この大量採用のトリガーを引いたのはおそらく業界最大手のアクセンチュアさんで、10年前は数千人規模の会社だったのが、今年は公式情報で25,000人くらいになっている。
新卒・中途もゴリゴリとるし、M&Aも仕掛けるしでとにかく右肩上がりで拡張してきた。昔ながらのストラテジー領域だけではなく、システム開発・運用、BPO、クリエイティブなんかの領域も、顧客に売れる専門性はなんでも食う、くらいの勢いででかくなり、業界シェア・トータルの売り上げの上がり方だなんだの結果を見るとその方針は成功だったのではないかと思える。
これに続き、BIG4と呼ばれるPwC、EY、デロイト、KMPGなんかもでかくなってきているし、MBBと呼ばれる業界最古参で伝統ある戦略系のファームもデジタルだベンチャーだに手を出し始めて、なんだかんだデカくなってきている。
加えて、私が就活していた頃から徐々に勢いをつけてきたベイカレントさんなんかもガンガンでかくなってきていて、もはや業界そのものがありえないくらいデカくなってきている。
という背景がある。
詳しくは俺の本を読んでくれ。サンプルで読める部分にも書いてある。
さて、コンサルティング会社が売ってるのは基本的には専門性だ。貴重な情報とナレッジを持った専門性の高い人間だから、わざわざ高いフィーを払ってクライアントはコンサルタントを雇う。

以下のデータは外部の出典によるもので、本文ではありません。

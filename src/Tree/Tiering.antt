-- ===== src/Tree/Tiering.antt =====
-- `perform_compaction` on a tiering level: its runs are merged into a new run of the next level.
use cs.Prelude.{
  ℕ, suc, ◌+◌, ◌≡◌, ◌<◌, refl, ap, ◌∙◌, List, [], ◌∷◌, ◌++◌, some, true, false, arith, length,
  length-append, leb, is_empty, get_elem?, ◌==◌,
}
use cs.Result.{Result, ok}
use cs.Pair.{KeyValuePair}
use cs.Double.{Doubles}
use cs.Bloom.{optimal_bits}
use cs.SkipList
use cs.Compaction.Sorting.{IsSort}
use cs.Store.{Store}
use cs.Run.{Run, data_filename}
use cs.Run.Create.{IsAllowed}
use cs.Level
use cs.Level.{Level, tiering, tiering_threshold, is_due}
use cs.Tree.{LsmTree, TreeAction, calculate_fpr_for_level, continue}
use cs.Tree.Compact.{
  compact_if_due, move_down, tier_down, by_strategy, extend_if_used, compact_tiering,
  perform_compaction,
}
use cs.Tree.Holds.{RunsHold, TreeHolds, newest, newest_of_levels}
use cs.Tree.Names.{LevelsNamed}
use cs.Tree.Merge.{merged, concat, lookup-merged, merged_nonempty, perform_compaction_level}
use cs.Tree.Splits.{LevelsHold-split, get_elem?-behind}
use cs.Tree.Moves.{cleared, moved}
use cs.Tree.Preserved.{Merges, newest-moved}
use cs.Tree.Moved.{move_down-Holds}

module _ (d : Doubles) (sort : List KeyValuePair → List KeyValuePair) (fuel : ℕ) (t : LsmTree)
    (above : List Level) (l m : Level) (deeper : List Level)
    (apsss : List (List (List KeyValuePair))) (pss tss : List (List KeyValuePair))
    (rest : List (List (List KeyValuePair))) where
  abbrev before : LsmTree
  before = record t { levels = above ++ l ∷ m ∷ deeper }

  abbrev next : ℕ → TreeAction (Unit {0})
  next = perform_compaction d sort fuel

  tier_down_lem :
      (ps : List KeyValuePair) (after : Result (Unit {0}) × LsmTree)
      → is_empty ps ≡ false
      → move_down d sort next ps (length above) (length above + 1) (length m.runs) before ≡ after
      → tier_down d sort next ps (length above) before ≡ after
  unfolding Level.run_count
  tier_down_lem ps after left moves = rw (get_elem?-behind above 1 (l ∷ m ∷ deeper), left) moves

  compact_tiering_lem :
      (ps : List KeyValuePair) (after : Result (Unit {0}) × LsmTree)
      → leb tiering_threshold (length l.runs) ≡ true
      → tier_down d sort next ps (length above) before ≡ after
      → compact_tiering d sort next ps (length above) (length l.runs) before
        ≡ continue after (λ _. extend_if_used d sort (length above + 1))
  unfolding compact_tiering
  compact_tiering_lem ps after full moves = rw (full, moves)

  -- What is left to do once the merged pairs are moved.
  tier_lem :
      (after : Result (Unit {0}) × LsmTree)
      → t.compaction_enabled ≡ true
      → l.strategy ≡ tiering
      → leb tiering_threshold (length l.runs) ≡ true
      → RunsHold t.store l.runs pss
      → is_empty (concat pss) ≡ false
      → is_empty (merged sort pss) ≡ false
      → move_down d sort next
          (merged sort pss)
          (length above)
          (length above + 1)
          (length m.runs)
          before
        ≡ after
      → perform_compaction d sort (suc fuel) (length above) before
        ≡ continue after (λ _. extend_if_used d sort (length above + 1))
  tier_lem after on tiers full h some_pairs left moves =
      perform_compaction_level d sort fuel before above l (m ∷ deeper) pss refl on h some_pairs
      ∙ ap
          (λ st. by_strategy d sort next st (merged sort pss) (length above) (length l.runs) before)
          tiers
      ∙ compact_tiering_lem (merged sort pss) after full
          (tier_down_lem (merged sort pss) after left moves)

  -- The merged pairs are in the next level, whatever that level does then.
  pub tier-Holds :
      length apsss ≡ length above
      → IsSort sort
      → t.compaction_enabled ≡ true
      → l.strategy ≡ tiering
      → leb tiering_threshold (length l.runs) ≡ true
      → TreeHolds (record t { levels = above ++ l ∷ m ∷ deeper }) (apsss ++ pss ∷ tss ∷ rest)
      → LevelsNamed 0 (above ++ l ∷ m ∷ deeper)
      → is_empty (merged sort pss) ≡ false
      → 0
        < optimal_bits d
            (length (merged sort pss))
            (calculate_fpr_for_level d t.max_level (length above + 1))
      → IsAllowed t.store (data_filename (length above + 1) (length m.runs))
      → (r : Run) × (s : Store) × (perform_compaction d sort
            (suc fuel)
            (length above)
            (record t { levels = above ++ l ∷ m ∷ deeper })
          ≡ continue
              (compact_if_due d sort
                (perform_compaction d sort fuel)
                (length above + 1)
                (record t { levels = above ++ cleared l ∷ Level.add_run m r ∷ deeper; store = s }))
              (λ _. extend_if_used d sort (length above + 1)))
        × TreeHolds
            (record t { levels = above ++ cleared l ∷ Level.add_run m r ∷ deeper; store = s })
            (apsss ++ [] ∷ (tss ++ merged sort pss ∷ []) ∷ rest)
        × LevelsNamed 0 (above ++ cleared l ∷ Level.add_run m r ∷ deeper)
        × (s.writable ≡ t.store.writable)
        × ((k : ℕ)
            → Merges k (SkipList.get_all_sorted t.buffer) apsss pss (tss ∷ rest) (
                newest k
                  (SkipList.get_all_sorted t.buffer)
                  (apsss ++ [] ∷ (tss ++ merged sort pss ∷ []) ∷ rest)))
  unfolding moved newest_of_levels
  tier-Holds e std on tiers full h named left bits allowed =
      let (h₀, h₁) =
        LevelsHold-split t.store above (l ∷ m ∷ deeper) apsss (pss ∷ tss ∷ rest) e h.on_disk in
      let (fits, ascends, finds) = lookup-merged sort t.store l.runs pss std h₁.0 in
      let (r, s, moves, h', named', rights) =
        move_down-Holds d sort next t above l [] m deeper apsss pss [] tss rest (merged sort pss) e
          refl h.on_disk named left fits ascends bits allowed in
      (
        r,
        s,
        tier_lem _ on tiers full h₁.0 (merged_nonempty sort t.store l.runs pss std h₁.0 left) left
            moves,
        record { buffered = h.buffered; on_disk = h' },
        named',
        rights,
        λ k.
            newest-moved k (SkipList.get_all_sorted t.buffer) apsss pss [] tss rest
              (merged sort pss) (finds k) refl,
      )

  pub calm_lem :
      (r : Run) (after : LsmTree)
      → after.levels ≡ above ++ cleared l ∷ Level.add_run m r ∷ deeper
      → is_due m.strategy (length m.runs + 1) ≡ false
      → ((length above + 1) == after.max_level) ≡ false
      → continue
          (compact_if_due d sort next (length above + 1) after)
          (λ _. extend_if_used d sort (length above + 1))
        ≡ (ok tt, after)
  unfolding extend_if_used Level.needs_compaction Level.add_run
  calm_lem r after e calm inner =
      let there : get_elem? after.levels (length above + 1) ≡ some (Level.add_run m r) =
        ap (λ ls. get_elem? ls (length above + 1)) e
        ∙ get_elem?-behind above 1 (cleared l ∷ Level.add_run m r ∷ deeper) in
      let longer : length (m.runs ++ r ∷ []) ≡ length m.runs + 1 =
        omega (arith, length-append m.runs (r ∷ [])) in
      rw (there, longer, calm, inner)

  -- A compaction of a tiering level with enough runs, where the next level is not due after it and is
  -- not max_level: for a sort that meets the contract of `std::sort` and on a well-formed tree whose runs are named after their
  -- places, where some pair is left after the merge, the filter of the new run has bits and its files
  -- may be created, it succeeds, empties the level, puts the merged pairs behind the runs of
  -- the next level and keeps the tree well formed; every key has its newest value, but a key that the
  -- merged runs hold with several values may have another one of these, and a key whose value of the level
  -- marks a deletion has what the deeper levels hold for it.
  pub perform_compaction-tiering :
      length apsss ≡ length above
      → IsSort sort
      → t.compaction_enabled ≡ true
      → l.strategy ≡ tiering
      → leb tiering_threshold (length l.runs) ≡ true
      → TreeHolds (record t { levels = above ++ l ∷ m ∷ deeper }) (apsss ++ pss ∷ tss ∷ rest)
      → LevelsNamed 0 (above ++ l ∷ m ∷ deeper)
      → is_empty (merged sort pss) ≡ false
      → 0
        < optimal_bits d
            (length (merged sort pss))
            (calculate_fpr_for_level d t.max_level (length above + 1))
      → IsAllowed t.store (data_filename (length above + 1) (length m.runs))
      → is_due m.strategy (length m.runs + 1) ≡ false
      → ((length above + 1) == t.max_level) ≡ false
      → (t' : LsmTree) × (perform_compaction d sort
            (suc fuel)
            (length above)
            (record t { levels = above ++ l ∷ m ∷ deeper })
          ≡ (ok tt, t'))
        × TreeHolds t' (apsss ++ [] ∷ (tss ++ merged sort pss ∷ []) ∷ rest)
        × LevelsNamed 0 t'.levels
        × (t'.buffer ≡ t.buffer)
        × ((k : ℕ)
            → Merges k (SkipList.get_all_sorted t.buffer) apsss pss (tss ∷ rest) (
                newest k
                  (SkipList.get_all_sorted t'.buffer)
                  (apsss ++ [] ∷ (tss ++ merged sort pss ∷ []) ∷ rest)))
  perform_compaction-tiering e std on tiers full h named left bits allowed calm inner =
      let (r, s, run, h', named', rights, map) =
        tier-Holds e std on tiers full h named left bits allowed in
      let after : LsmTree = record t {
        levels = above ++ cleared l ∷ Level.add_run m r ∷ deeper;
        store = s;
      } in
      (after, run ∙ calm_lem r after refl calm inner, h', named', refl, map)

専門性自体はなんでも良いのだが、経営一般に関する専門性、ITに関する専門性、クリエイティブに関する専門性、そういった武器を持っているのが一般的なコンサルタントだ。
そんなコンサルタントを業界が大量採用をすると当然疑問が出てくる。
「大量採用した社員って、専門性、本当にあるの?」「そんな誰でも入れる会社にいて本当に大丈夫なの?」
当業界は、日本の一般的な企業の給与体系と比較すると高級取りであることに加えて、一部のアホな自称コンサルタントがクライアントであるJTC(日本の歴史ある企業様)に対してリスペクトのない発言をSNS上でまぁまぁすることもあって、ヘイトを買いがちである。
そんでもってそこの業界品質が実はボロボロである、というのはなんともSNS映えする話題であり、この疑問に関する投稿は真偽に関わらずバズるのである。
ヤバいって、何が、どう?
さて、タイトルに戻ろう。
「コンサルティング企業に今入社するのはヤバい」のか?
コンサルタントであればこう答える。
「ヤバいというのは、誰から見て、何がどれだけ?」
ヤバい、というからには、本来到達しなければならない目標があり、乖離した実態があるからヤバいのであり、予定がないところにヤバいもなにもありゃしない。

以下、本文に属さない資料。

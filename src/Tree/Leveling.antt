-- ===== src/Tree/Leveling.antt =====
-- `perform_compaction` on a level of one of the leveling strategies: its runs are merged into one run,
-- which stays in the level or goes to a deeper one.
use cs.Prelude.{
  ℕ, suc, ◌*◌, ◌≡◌, ◌≢◌, ◌⊎◌, ◌<◌, inl, inr, refl, ap, ◌∙◌, List, [], ◌∷◌, ◌++◌, true, false, arith,
  length, ltb, is_empty, ◌==◌,
}
use cs.Result.{ok}
use cs.Pair.{KeyValuePair}
use cs.Double.{Doubles}
use cs.Bloom.{optimal_bits}
use cs.SkipList
use cs.Compaction.Sorting.{IsSort}
use cs.Store.{Store}
use cs.Run
use cs.Run.{Run, data_filename, pair_size}
use cs.Run.Holds.{Holds}
use cs.Run.Rights.{IsAllowed-rights}
use cs.Run.Create.{IsAllowed, create-Holds}
use cs.Level
use cs.Level.{Level, CompactionStrategy, lazy_leveling, leveling, is_due, delete_all}
use cs.Tree.{LsmTree, TreeAction, calculate_fpr_for_level, get_target_level_for_size}
use cs.Tree.Compact.{by_strategy, in_place, extend_if_used, compact_leveling, perform_compaction}
use cs.Tree.Holds.{RunsHold, LevelsHold, TreeHolds, newest}
use cs.Tree.Names.{LevelsNamed}
use cs.Tree.Frame.{SameFile, LevelsHold-SameFile, OnlyFilesOf-SameFile, delete_all-SameFile}
use cs.Tree.Merge.{merged, concat, lookup-merged, merged_nonempty, perform_compaction_level}
use cs.Tree.Splits.{
  LevelsHold-split, LevelsHold-append, LevelsNamed-split, LevelsNamed-append, get_elem?-middle,
  set-middle,
}
use cs.Tree.Moves.{cleared, clear_level_lem, append_run_lem}
use cs.Tree.Preserved.{Merges, newest-replaced}

-- The level with one run.
abbrev pub with_run : Level → Run → Level
with_run l r = record l { runs = r ∷ [] }

abbrev pub IsLeveling : CompactionStrategy → Type 0
IsLeveling st = (st ≡ lazy_leveling) ⊎ (st ≡ leveling)

module _ (d : Doubles) (sort : List KeyValuePair → List KeyValuePair) (fuel : ℕ) (t : LsmTree)
    (above : List Level) (l : Level) (deeper : List Level) (apsss : List (List (List KeyValuePair)))
    (pss : List (List KeyValuePair)) (rest : List (List (List KeyValuePair))) where
  abbrev before : LsmTree
  before = record t { levels = above ++ l ∷ deeper }

  abbrev next : ℕ → TreeAction (Unit {0})
  next = perform_compaction d sort fuel

  abbrev a : ℕ
  a = length above

  -- Both strategies do the same.
  pub leveling_lem :
      t.compaction_enabled ≡ true
      → IsLeveling l.strategy
      → RunsHold t.store l.runs pss
      → is_empty (concat pss) ≡ false
      → perform_compaction d sort (suc fuel) a before
        ≡ compact_leveling d sort next (merged sort pss) a before
  leveling_lem on (inl lazy) h some_pairs =
      perform_compaction_level d sort fuel before above l deeper pss refl on h some_pairs
      ∙ ap (λ st. by_strategy d sort next st (merged sort pss) a (length l.runs) before) lazy
  leveling_lem on (inr level) h some_pairs =
      perform_compaction_level d sort fuel before above l deeper pss refl on h some_pairs
      ∙ ap (λ st. by_strategy d sort next st (merged sort pss) a (length l.runs) before) level

  in_place_lem :
      (ps : List KeyValuePair) (r : Run) (s₁ s₂ : Store)
      → delete_all l.runs t.store ≡ (ok tt, s₁)
      → Run.create d ps a 0 (calculate_fpr_for_level d t.max_level a) s₁ ≡ (ok r, s₂)
      → in_place d sort next ps a before
        ≡ (ok tt, record t { levels = above ++ with_run l r ∷ deeper; store = s₂ })
  unfolding Level.add_run
  in_place_lem ps r s₁ s₂ gone made =
      let bare : LsmTree = record t { levels = above ++ cleared l ∷ deeper; store = s₁ } in
      let emptied =
        clear_level_lem a l before s₁ (get_elem?-middle above l deeper) gone
        ∙ ap (λ ls. (ok tt, record t { levels = ls; store = s₁ }))
            (set-middle above l (cleared l) deeper) in
      let appended =
        append_run_lem d sort ps a 0 (cleared l) r bare s₂
          (get_elem?-middle above (cleared l) deeper) made
        ∙ ap (λ ls. (ok tt, record t { levels = ls; store = s₂ }))
            (set-middle above (cleared l) (with_run l r) deeper) in
      rw emptied appended

  stays_lem :
      (ps : List KeyValuePair) (after : LsmTree)
      → is_empty ps ≡ false
      → ltb a (get_target_level_for_size d before (length ps * pair_size)) ≡ false
      → (a == after.max_level) ≡ false
      → in_place d sort next ps a before ≡ (ok tt, after)
      → compact_leveling d sort next ps a before ≡ (ok tt, after)
  unfolding compact_leveling extend_if_used
  stays_lem ps after left fits inner moves = rw (left, fits, moves, inner)

  replaced-Holds :
      (s : Store) (r : Run) (ps : List KeyValuePair)
      → ((i j : ℕ) → a ≢ i → SameFile t.store s i j)
      → Holds s r ps
      → r.filename ≡ data_filename a 0
      → length apsss ≡ length above
      → LevelsHold t.store (above ++ l ∷ deeper) (apsss ++ pss ∷ rest)
      → LevelsNamed 0 (above ++ l ∷ deeper)
      → LevelsHold s (above ++ with_run l r ∷ deeper) (apsss ++ (ps ∷ []) ∷ rest)
        × LevelsNamed 0 (above ++ with_run l r ∷ deeper)
  replaced-Holds s r ps same new own_name e h named =
      let (h₀, h₁) = LevelsHold-split t.store above (l ∷ deeper) apsss (pss ∷ rest) e h in
      let (n₀, n₁) = LevelsNamed-split 0 a above (l ∷ deeper) (omega arith) named in
      (
        LevelsHold-append s above (with_run l r ∷ deeper) apsss ((ps ∷ []) ∷ rest)
            (LevelsHold-SameFile t.store s 0 above apsss (λ i j x y. same i j (λ z. omega arith)) n₀
              h₀)
            (
              (new, tt),
              LevelsHold-SameFile t.store s (suc a) deeper rest
                  (λ i j x y. same i j (λ z. omega arith)) n₁.1 h₁.1,
            ),
        LevelsNamed-append 0 a above (with_run l r ∷ deeper) (omega arith) n₀
            ((own_name, tt), n₁.1),
      )

  -- A compaction of a leveling or lazy leveling level whose merged pairs fit in it, and which is not
  -- max_level: for a sort that meets the contract of `std::sort` and on a well-formed tree whose runs are named after their places,
  -- where some pair is left after the merge, the filter of the new run has bits and its files may be
  -- created, it succeeds, leaves the level with one run, that of the merged pairs, and keeps
  -- the tree well formed; every key has its newest value, but a key that the
  -- merged runs hold with several values may have another one of these, and a key whose value of the level
  -- marks a deletion has what the deeper levels hold for it.
  pub perform_compaction-in_place :
      length apsss ≡ length above
      → IsSort sort
      → t.compaction_enabled ≡ true
      → IsLeveling l.strategy
      → TreeHolds (record t { levels = above ++ l ∷ deeper }) (apsss ++ pss ∷ rest)
      → LevelsNamed 0 (above ++ l ∷ deeper)
      → is_empty (merged sort pss) ≡ false
      → ltb (length above) (
          get_target_level_for_size d
            (record t { levels = above ++ l ∷ deeper })
            (length (merged sort pss) * pair_size))
        ≡ false
      → 0
        < optimal_bits d
            (length (merged sort pss))
            (calculate_fpr_for_level d t.max_level (length above))
      → IsAllowed t.store (data_filename (length above) 0)
      → (length above == t.max_level) ≡ false
      → (t' : LsmTree) × (perform_compaction d sort
            (suc fuel)
            (length above)
            (record t { levels = above ++ l ∷ deeper })
          ≡ (ok tt, t'))
        × TreeHolds t' (apsss ++ (merged sort pss ∷ []) ∷ rest)
        × LevelsNamed 0 t'.levels
        × (t'.buffer ≡ t.buffer)
        × (t'.max_level ≡ t.max_level)
        × ((k : ℕ)
            → Merges k (SkipList.get_all_sorted t.buffer) apsss pss rest (
                newest k
                  (SkipList.get_all_sorted t'.buffer)
                  (apsss ++ (merged sort pss ∷ []) ∷ rest)))
  perform_compaction-in_place e std on levels h named left fits bits allowed inner =
      let (h₀, h₁) = LevelsHold-split t.store above (l ∷ deeper) apsss (pss ∷ rest) e h.on_disk in
      let (n₀, n₁) = LevelsNamed-split 0 a above (l ∷ deeper) (omega arith) named in
      let (pairs_fit, ascends, finds) = lookup-merged sort t.store l.runs pss std h₁.0 in
      let some_pairs = merged_nonempty sort t.store l.runs pss std h₁.0 left in
      let (s₁, gone, rights, w, kept) = delete_all-SameFile a 0 l.runs t.store n₁.0 in
      let fpr = calculate_fpr_for_level d t.max_level a in
      let (r, s₂, made, new, own_name, only, w') =
        create-Holds d (merged sort pss) a 0 fpr s₁ left pairs_fit ascends bits
          (IsAllowed-rights t.store s₁ (data_filename a 0) rights allowed) in
      let same = λ (i j : ℕ) (x : a ≢ i).
        OnlyFilesOf-SameFile s₁ s₂ a 0 i j only (λ z. x z.0) ∙ kept i j x in
      let after : LsmTree = record t { levels = above ++ with_run l r ∷ deeper; store = s₂ } in
      let (h', named') =
        replaced-Holds s₂ r (merged sort pss) same new own_name e h.on_disk named in
      (
        after,
        leveling_lem on levels h₁.0 some_pairs
            ∙ stays_lem (merged sort pss) after left fits inner
                (in_place_lem (merged sort pss) r s₁ s₂ gone made),
        record { buffered = h.buffered; on_disk = h' },
        named',
        refl,
        refl,
        λ k.
            newest-replaced k (SkipList.get_all_sorted t.buffer) apsss pss rest (merged sort pss)
              (finds k),
      )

なので、ヤバいの実態について具体的な言及がなされていないこの手のポストについては正直陰謀論とやっていることは変わらないと思って無視した方が良いというのが私のスタンスである。
以下、あえて「ヤバい」の具体を脳内で補いつつパターン化してシナリオを作って答えてみようと思う。完全に暇人の所業である。
将来、経済的な安定が望めないのでヤバい
本来コンサルタントになった目的が果たせずに終わってしまうのでヤバい
業界全体が失速していってヤバい
ホワイトな職場環境で働けなくなってヤバい
1.将来、経済的な安定が望めないのでヤバい
つまり、将来コンサルタントという職業は今ほど稼げなくなるのではないか?これは大いにあり得るシナリオである。
そもそもコンサルタントに人月単価は発注側の感覚で言えばちょっと異常である。だいたい日系のSIerが100万円のところ、コンサルタントの新卒であれば1.5-2倍近くの金額を取る。
この価格差を発注サイドが相見積もりして社内の稟議で説明するには相当タフな社内調整が必要になる。
こういう桁違いの価格の稟議を通すためには決裁権を持っている役員クラスに相当入り込んでいるか、あまりにも専門的すぎる領域で他にやれるところがない(実質的に選択肢がない)くらいの案件規模に営業活動段階で仕込めているか、この2パターンくらいしかクライアント先の社内の反対を押さえつける方法がない。お客さんと仲良くしていると稀に、年内の予算が余ったからなんかやってよ(笑)見たいなラッキースケベ案件が発生するが、これはまぁ前者のパターンに含まれるだろう。